### WHAT IS REQUIRED
Write out exactly the lines of the entries below from the one holding "attach c [] = (String.◌∷◌ c String.[]) ∷ []" to the one holding "dotted (packages.encode_64 (packages.write_header", inclusive, and leave out all other lines.
[[ PROVIDED RECORDS open ]]
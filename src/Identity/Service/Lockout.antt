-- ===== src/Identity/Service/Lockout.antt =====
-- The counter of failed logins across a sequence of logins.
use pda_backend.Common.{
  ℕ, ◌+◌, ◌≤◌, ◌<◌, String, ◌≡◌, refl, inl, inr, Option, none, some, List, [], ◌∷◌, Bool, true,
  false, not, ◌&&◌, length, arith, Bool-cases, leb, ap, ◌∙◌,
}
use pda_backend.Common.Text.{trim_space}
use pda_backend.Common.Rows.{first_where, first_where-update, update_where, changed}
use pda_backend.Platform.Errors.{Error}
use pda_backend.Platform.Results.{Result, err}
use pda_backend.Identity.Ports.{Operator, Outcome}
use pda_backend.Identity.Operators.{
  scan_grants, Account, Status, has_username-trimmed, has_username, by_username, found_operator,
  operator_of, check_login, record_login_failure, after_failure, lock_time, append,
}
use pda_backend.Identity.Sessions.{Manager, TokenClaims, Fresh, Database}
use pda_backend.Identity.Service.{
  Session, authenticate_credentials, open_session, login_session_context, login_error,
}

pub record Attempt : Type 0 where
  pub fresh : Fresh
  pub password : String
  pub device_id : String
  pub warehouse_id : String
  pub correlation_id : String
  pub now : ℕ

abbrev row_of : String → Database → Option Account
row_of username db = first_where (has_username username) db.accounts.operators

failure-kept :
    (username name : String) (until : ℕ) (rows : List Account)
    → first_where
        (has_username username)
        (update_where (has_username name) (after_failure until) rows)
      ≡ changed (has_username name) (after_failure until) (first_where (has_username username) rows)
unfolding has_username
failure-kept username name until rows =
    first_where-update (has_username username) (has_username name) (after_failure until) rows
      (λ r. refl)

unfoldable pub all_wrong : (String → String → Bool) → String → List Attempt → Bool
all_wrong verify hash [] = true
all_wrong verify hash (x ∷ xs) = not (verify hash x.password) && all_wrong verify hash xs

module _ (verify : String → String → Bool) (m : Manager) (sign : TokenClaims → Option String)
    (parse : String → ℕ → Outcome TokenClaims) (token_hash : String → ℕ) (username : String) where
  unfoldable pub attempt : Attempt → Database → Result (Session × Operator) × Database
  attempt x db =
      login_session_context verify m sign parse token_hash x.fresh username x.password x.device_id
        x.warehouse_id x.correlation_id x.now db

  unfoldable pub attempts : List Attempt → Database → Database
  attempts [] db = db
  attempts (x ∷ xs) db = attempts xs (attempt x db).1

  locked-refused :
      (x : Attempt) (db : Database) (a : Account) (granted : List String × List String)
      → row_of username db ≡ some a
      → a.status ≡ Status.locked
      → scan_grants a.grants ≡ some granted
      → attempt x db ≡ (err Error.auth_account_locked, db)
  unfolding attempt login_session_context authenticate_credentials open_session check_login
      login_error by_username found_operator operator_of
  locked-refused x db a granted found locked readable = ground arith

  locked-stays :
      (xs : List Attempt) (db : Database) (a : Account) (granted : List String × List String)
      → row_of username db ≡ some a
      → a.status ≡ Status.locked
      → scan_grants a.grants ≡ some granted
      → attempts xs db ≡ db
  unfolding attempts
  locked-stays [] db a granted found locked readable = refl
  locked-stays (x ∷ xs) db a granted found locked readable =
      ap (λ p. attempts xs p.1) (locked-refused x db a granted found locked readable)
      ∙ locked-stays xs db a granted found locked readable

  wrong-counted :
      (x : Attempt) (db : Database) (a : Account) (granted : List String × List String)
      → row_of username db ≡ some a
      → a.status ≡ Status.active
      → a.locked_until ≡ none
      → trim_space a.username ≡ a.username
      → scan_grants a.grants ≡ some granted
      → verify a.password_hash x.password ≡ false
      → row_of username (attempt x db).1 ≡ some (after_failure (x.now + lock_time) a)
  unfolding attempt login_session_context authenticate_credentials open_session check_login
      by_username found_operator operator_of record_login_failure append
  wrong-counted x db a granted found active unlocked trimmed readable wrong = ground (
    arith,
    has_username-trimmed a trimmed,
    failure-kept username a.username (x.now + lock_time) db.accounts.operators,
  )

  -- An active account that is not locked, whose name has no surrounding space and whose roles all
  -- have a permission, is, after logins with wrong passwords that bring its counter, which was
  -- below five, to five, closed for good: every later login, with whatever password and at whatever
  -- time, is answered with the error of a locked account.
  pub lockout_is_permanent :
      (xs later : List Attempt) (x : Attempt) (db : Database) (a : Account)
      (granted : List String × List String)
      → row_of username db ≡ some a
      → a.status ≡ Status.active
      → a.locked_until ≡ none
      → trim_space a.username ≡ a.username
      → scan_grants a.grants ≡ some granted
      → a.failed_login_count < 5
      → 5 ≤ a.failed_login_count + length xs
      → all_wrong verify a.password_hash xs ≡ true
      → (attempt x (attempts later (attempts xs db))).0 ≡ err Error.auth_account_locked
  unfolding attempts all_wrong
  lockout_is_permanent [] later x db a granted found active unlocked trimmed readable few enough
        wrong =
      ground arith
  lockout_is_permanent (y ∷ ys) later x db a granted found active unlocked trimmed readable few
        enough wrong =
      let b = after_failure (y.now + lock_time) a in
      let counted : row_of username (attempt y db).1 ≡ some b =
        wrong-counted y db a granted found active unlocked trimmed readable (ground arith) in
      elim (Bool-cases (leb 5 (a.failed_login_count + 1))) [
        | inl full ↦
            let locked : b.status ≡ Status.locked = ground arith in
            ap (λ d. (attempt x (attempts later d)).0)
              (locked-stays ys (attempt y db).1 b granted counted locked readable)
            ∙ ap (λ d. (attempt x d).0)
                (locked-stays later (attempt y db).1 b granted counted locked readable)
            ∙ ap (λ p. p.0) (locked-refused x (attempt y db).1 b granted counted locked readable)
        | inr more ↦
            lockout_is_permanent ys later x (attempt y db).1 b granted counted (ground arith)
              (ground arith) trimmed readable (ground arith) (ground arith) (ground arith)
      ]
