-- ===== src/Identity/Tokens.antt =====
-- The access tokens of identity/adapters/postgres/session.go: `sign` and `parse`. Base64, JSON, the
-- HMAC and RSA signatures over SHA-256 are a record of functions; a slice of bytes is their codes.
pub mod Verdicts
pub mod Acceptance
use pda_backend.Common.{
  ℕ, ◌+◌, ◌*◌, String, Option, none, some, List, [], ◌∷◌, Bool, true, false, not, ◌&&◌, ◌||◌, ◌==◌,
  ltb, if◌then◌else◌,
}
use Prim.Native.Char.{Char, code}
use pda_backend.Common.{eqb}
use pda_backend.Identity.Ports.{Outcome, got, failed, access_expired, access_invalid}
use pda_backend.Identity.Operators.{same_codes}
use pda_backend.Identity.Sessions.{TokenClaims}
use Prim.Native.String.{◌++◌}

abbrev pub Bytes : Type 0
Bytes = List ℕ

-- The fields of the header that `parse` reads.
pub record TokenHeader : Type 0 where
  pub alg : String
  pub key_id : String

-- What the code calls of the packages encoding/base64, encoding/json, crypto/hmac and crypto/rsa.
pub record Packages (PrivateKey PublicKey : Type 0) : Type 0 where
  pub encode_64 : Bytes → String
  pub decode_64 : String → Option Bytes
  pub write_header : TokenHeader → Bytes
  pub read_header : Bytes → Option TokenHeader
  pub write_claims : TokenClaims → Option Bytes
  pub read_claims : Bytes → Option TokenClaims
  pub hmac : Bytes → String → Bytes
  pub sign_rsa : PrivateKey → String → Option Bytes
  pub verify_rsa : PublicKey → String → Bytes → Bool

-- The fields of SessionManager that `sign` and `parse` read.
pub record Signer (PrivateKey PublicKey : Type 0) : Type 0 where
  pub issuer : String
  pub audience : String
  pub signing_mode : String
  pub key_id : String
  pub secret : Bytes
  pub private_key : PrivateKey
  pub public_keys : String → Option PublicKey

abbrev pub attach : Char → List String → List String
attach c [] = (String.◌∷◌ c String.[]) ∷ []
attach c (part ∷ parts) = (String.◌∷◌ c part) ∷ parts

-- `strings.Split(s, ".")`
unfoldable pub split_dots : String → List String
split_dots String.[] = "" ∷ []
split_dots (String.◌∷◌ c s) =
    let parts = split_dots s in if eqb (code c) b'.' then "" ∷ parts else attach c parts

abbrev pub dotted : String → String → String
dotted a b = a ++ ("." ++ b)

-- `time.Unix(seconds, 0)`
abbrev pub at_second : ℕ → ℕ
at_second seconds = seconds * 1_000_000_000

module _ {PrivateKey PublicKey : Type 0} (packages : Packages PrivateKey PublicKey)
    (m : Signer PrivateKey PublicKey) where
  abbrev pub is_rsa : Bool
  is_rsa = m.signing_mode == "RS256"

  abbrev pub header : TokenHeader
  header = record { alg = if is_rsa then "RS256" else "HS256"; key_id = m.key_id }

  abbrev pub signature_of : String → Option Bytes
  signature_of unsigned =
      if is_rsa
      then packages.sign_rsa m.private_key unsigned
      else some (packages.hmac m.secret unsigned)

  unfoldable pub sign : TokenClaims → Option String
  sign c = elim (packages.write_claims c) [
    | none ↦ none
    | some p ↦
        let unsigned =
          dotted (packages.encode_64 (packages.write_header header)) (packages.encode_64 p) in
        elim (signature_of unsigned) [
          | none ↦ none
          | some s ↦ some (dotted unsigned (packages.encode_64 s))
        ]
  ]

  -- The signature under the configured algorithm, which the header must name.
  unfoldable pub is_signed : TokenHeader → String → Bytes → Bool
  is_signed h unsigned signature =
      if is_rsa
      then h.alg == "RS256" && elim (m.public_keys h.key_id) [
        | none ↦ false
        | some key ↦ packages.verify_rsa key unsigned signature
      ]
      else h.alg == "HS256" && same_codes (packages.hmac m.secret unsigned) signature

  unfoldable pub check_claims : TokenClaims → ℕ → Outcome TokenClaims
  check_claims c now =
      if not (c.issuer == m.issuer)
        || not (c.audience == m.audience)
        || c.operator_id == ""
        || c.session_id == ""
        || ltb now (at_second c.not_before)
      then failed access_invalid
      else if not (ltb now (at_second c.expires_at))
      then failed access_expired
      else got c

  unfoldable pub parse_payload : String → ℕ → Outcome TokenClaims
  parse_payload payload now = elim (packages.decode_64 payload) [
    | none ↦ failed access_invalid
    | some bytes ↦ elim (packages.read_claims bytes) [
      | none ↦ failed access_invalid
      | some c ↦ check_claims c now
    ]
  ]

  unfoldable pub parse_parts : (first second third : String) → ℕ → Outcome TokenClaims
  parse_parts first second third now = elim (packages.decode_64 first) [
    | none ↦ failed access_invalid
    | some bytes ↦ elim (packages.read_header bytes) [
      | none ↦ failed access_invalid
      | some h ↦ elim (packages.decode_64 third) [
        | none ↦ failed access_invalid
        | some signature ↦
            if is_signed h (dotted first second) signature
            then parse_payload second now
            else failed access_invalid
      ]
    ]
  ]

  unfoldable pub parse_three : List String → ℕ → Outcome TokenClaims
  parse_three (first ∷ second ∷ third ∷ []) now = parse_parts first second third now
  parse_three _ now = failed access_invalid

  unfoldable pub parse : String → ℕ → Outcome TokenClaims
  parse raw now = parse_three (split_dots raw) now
[[ PROVIDED RECORDS closed ]]
### RESULT FOR THIS EXERCISE
attach c [] = (String.◌∷◌ c String.[]) ∷ []
attach c (part ∷ parts) = (String.◌∷◌ c part) ∷ parts

-- `strings.Split(s, ".")`
unfoldable pub split_dots : String → List String
split_dots String.[] = "" ∷ []
split_dots (String.◌∷◌ c s) =
    let parts = split_dots s in if eqb (code c) b'.' then "" ∷ parts else attach c parts

abbrev pub dotted : String → String → String
dotted a b = a ++ ("." ++ b)

-- `time.Unix(seconds, 0)`
abbrev pub at_second : ℕ → ℕ
at_second seconds = seconds * 1_000_000_000

module _ {PrivateKey PublicKey : Type 0} (packages : Packages PrivateKey PublicKey)
    (m : Signer PrivateKey PublicKey) where
  abbrev pub is_rsa : Bool
  is_rsa = m.signing_mode == "RS256"

  abbrev pub header : TokenHeader
  header = record { alg = if is_rsa then "RS256" else "HS256"; key_id = m.key_id }

  abbrev pub signature_of : String → Option Bytes
  signature_of unsigned =
      if is_rsa
      then packages.sign_rsa m.private_key unsigned
      else some (packages.hmac m.secret unsigned)

  unfoldable pub sign : TokenClaims → Option String
  sign c = elim (packages.write_claims c) [
    | none ↦ none
    | some p ↦
        let unsigned =
          dotted (packages.encode_64 (packages.write_header header)) (packages.encode_64 p) in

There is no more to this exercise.